(THE PROBLEM)
In the listing below, find the line that contains "else if has_scheme cleaned" and the line that contains "abbrev pub either_text". Quote both and every line between them, exactly, and nothing more.

(PROVIDED DATA)
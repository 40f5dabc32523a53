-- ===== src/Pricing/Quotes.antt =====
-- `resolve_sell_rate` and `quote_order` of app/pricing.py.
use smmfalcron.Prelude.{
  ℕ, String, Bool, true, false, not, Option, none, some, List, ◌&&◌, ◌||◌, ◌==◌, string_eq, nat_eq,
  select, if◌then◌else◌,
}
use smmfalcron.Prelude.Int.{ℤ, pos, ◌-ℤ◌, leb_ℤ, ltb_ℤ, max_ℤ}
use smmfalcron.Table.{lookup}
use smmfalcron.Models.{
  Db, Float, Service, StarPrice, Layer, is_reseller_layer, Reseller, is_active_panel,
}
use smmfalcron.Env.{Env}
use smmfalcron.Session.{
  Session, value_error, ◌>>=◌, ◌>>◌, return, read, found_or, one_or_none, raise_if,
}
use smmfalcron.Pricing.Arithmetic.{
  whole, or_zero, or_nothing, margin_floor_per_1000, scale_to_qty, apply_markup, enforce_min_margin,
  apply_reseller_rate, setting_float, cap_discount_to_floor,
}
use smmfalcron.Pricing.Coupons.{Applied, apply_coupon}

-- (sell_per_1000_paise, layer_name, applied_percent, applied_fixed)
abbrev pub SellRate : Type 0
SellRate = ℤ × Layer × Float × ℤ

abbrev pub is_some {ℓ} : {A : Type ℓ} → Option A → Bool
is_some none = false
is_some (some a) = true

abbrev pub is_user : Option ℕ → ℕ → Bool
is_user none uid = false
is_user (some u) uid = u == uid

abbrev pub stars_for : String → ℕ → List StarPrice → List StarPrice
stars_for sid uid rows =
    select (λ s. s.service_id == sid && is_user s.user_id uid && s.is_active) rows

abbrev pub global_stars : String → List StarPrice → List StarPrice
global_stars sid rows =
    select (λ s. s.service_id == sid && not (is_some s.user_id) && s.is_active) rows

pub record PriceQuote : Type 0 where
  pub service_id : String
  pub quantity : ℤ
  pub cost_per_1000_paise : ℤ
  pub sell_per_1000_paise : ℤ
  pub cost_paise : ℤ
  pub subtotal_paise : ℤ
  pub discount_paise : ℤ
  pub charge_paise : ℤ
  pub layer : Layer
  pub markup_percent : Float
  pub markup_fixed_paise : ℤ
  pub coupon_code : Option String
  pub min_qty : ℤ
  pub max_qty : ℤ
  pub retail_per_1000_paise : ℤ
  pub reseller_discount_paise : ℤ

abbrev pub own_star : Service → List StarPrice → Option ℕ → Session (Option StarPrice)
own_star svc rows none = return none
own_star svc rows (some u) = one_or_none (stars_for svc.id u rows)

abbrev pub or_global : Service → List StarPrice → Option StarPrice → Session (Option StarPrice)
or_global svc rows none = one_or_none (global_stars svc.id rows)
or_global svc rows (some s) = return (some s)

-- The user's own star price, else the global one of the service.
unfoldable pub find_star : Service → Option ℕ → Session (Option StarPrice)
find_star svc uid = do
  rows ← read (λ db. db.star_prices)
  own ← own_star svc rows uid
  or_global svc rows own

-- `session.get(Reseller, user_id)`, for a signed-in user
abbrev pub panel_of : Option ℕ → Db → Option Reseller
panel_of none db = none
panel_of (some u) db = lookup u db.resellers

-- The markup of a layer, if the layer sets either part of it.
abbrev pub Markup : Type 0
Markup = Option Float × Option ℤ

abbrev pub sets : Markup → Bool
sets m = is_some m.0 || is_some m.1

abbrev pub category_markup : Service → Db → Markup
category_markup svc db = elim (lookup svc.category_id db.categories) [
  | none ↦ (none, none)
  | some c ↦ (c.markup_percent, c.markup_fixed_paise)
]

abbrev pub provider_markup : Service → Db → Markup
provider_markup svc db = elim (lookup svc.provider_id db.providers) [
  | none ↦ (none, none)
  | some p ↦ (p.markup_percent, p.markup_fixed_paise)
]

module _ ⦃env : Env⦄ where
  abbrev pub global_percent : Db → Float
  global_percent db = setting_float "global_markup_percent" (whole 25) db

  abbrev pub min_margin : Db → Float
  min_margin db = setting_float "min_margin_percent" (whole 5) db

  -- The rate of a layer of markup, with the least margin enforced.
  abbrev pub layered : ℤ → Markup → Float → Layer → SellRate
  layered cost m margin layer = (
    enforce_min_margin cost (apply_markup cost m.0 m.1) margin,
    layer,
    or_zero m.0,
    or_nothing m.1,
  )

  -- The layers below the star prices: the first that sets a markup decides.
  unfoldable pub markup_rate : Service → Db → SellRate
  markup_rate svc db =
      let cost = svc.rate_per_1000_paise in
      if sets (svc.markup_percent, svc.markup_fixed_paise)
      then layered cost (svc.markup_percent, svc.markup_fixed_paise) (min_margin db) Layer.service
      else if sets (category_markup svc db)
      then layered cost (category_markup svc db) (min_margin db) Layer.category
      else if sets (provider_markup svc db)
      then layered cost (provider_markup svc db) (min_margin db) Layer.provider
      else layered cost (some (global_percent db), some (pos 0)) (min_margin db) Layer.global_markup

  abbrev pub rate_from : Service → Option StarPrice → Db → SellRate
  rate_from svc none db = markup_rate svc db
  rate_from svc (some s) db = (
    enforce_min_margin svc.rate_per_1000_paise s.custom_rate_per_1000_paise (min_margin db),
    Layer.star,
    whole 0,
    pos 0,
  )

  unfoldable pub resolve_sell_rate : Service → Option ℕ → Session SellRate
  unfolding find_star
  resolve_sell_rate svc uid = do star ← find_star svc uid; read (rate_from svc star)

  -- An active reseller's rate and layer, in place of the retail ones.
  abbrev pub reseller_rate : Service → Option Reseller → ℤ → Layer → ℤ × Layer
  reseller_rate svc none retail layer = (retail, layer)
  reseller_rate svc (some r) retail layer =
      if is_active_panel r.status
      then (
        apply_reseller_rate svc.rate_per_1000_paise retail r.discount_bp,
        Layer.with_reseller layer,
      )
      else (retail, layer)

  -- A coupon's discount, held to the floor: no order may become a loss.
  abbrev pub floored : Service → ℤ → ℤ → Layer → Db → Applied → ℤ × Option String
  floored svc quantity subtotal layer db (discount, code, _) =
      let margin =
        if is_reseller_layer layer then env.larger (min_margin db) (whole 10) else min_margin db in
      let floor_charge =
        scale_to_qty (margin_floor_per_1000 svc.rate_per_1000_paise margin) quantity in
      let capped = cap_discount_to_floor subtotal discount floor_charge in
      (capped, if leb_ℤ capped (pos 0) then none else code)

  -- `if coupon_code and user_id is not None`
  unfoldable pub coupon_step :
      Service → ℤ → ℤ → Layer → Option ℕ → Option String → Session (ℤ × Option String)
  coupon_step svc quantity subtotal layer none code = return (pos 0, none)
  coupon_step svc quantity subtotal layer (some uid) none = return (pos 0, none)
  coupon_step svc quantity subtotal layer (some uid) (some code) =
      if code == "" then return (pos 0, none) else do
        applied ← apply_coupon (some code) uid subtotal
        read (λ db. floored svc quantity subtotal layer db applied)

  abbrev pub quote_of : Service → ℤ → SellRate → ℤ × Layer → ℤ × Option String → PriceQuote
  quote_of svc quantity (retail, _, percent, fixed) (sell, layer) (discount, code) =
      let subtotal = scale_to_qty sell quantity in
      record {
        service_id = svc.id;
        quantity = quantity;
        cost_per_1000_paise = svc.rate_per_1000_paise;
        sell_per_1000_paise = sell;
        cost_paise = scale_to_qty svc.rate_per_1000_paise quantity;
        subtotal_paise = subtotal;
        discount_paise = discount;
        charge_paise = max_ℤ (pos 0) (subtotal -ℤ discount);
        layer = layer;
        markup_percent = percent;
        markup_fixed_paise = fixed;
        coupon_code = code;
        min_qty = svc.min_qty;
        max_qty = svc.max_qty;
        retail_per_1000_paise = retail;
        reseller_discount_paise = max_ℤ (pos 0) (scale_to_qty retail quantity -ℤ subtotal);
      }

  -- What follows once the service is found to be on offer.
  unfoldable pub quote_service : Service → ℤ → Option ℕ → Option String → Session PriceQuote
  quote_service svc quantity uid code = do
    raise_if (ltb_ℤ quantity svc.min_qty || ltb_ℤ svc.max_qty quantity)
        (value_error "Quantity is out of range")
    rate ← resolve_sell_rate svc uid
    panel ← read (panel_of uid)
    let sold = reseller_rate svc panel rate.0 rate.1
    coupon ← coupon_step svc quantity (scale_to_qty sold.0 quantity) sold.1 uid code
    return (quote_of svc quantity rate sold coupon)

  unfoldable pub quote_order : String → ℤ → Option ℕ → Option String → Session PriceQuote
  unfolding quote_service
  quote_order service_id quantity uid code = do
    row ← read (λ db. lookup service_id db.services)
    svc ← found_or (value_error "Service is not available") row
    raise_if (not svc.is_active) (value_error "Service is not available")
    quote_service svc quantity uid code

* * *

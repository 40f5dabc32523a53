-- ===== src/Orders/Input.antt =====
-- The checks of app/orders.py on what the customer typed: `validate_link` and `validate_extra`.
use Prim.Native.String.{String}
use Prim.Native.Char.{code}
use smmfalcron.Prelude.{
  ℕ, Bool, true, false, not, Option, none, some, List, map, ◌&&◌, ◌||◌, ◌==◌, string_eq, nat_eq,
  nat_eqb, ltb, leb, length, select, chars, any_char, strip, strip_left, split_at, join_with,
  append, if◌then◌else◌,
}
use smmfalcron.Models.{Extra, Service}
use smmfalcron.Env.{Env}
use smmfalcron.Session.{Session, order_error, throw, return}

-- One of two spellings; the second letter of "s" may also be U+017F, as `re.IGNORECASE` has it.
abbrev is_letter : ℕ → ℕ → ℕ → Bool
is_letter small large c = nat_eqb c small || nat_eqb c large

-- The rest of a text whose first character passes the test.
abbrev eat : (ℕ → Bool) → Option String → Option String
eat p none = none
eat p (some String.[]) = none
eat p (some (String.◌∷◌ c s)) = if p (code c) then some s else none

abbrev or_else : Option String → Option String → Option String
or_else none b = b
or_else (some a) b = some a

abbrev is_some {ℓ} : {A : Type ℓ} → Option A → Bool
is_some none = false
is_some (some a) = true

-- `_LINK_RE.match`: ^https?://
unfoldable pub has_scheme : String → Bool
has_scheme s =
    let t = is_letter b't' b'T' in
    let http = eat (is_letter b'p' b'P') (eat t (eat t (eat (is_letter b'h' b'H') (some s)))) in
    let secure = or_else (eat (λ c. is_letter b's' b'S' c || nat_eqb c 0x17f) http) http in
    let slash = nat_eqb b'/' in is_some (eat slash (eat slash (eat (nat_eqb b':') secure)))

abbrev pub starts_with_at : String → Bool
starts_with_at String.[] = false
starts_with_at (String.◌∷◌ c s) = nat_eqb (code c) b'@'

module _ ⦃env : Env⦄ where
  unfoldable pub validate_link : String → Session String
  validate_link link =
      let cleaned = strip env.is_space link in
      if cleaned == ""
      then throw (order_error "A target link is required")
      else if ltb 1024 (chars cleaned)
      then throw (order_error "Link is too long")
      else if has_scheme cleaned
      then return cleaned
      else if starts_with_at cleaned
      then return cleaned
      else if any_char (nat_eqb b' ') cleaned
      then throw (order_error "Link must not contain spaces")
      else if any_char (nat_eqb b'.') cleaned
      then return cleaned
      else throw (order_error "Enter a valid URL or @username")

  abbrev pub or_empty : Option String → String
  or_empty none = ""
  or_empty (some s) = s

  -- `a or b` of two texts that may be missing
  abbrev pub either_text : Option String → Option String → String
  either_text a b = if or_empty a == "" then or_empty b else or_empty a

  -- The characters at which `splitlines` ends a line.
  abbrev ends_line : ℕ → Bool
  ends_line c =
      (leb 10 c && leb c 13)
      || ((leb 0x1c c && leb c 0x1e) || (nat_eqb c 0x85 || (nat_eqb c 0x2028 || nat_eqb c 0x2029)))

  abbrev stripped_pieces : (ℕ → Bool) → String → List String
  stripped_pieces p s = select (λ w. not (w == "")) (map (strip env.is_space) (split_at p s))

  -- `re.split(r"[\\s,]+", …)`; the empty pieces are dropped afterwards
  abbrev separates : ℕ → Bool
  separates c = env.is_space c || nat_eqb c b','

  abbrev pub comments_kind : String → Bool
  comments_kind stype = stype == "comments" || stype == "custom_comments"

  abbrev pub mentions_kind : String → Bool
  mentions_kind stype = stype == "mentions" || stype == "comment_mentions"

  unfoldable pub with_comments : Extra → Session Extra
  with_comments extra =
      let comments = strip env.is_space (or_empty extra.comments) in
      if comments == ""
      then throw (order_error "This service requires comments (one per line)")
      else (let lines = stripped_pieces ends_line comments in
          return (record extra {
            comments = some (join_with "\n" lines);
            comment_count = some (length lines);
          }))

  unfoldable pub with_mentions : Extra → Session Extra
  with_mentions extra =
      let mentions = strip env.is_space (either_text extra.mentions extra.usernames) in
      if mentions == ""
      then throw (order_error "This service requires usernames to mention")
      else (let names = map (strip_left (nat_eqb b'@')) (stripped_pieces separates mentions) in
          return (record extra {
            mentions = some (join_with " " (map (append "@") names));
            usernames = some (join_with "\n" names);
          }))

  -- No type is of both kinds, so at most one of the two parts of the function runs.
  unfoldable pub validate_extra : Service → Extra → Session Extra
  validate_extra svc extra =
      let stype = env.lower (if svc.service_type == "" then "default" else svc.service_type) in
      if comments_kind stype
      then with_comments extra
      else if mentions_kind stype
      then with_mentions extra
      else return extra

(RESPONSE TO THE TASK)
      else if has_scheme cleaned
      then return cleaned
      else if starts_with_at cleaned
      then return cleaned
      else if any_char (nat_eqb b' ') cleaned
      then throw (order_error "Link must not contain spaces")
      else if any_char (nat_eqb b'.') cleaned
      then return cleaned
      else throw (order_error "Enter a valid URL or @username")

  abbrev pub or_empty : Option String → String
  or_empty none = ""
  or_empty (some s) = s

  -- `a or b` of two texts that may be missing
  abbrev pub either_text : Option String → Option String → String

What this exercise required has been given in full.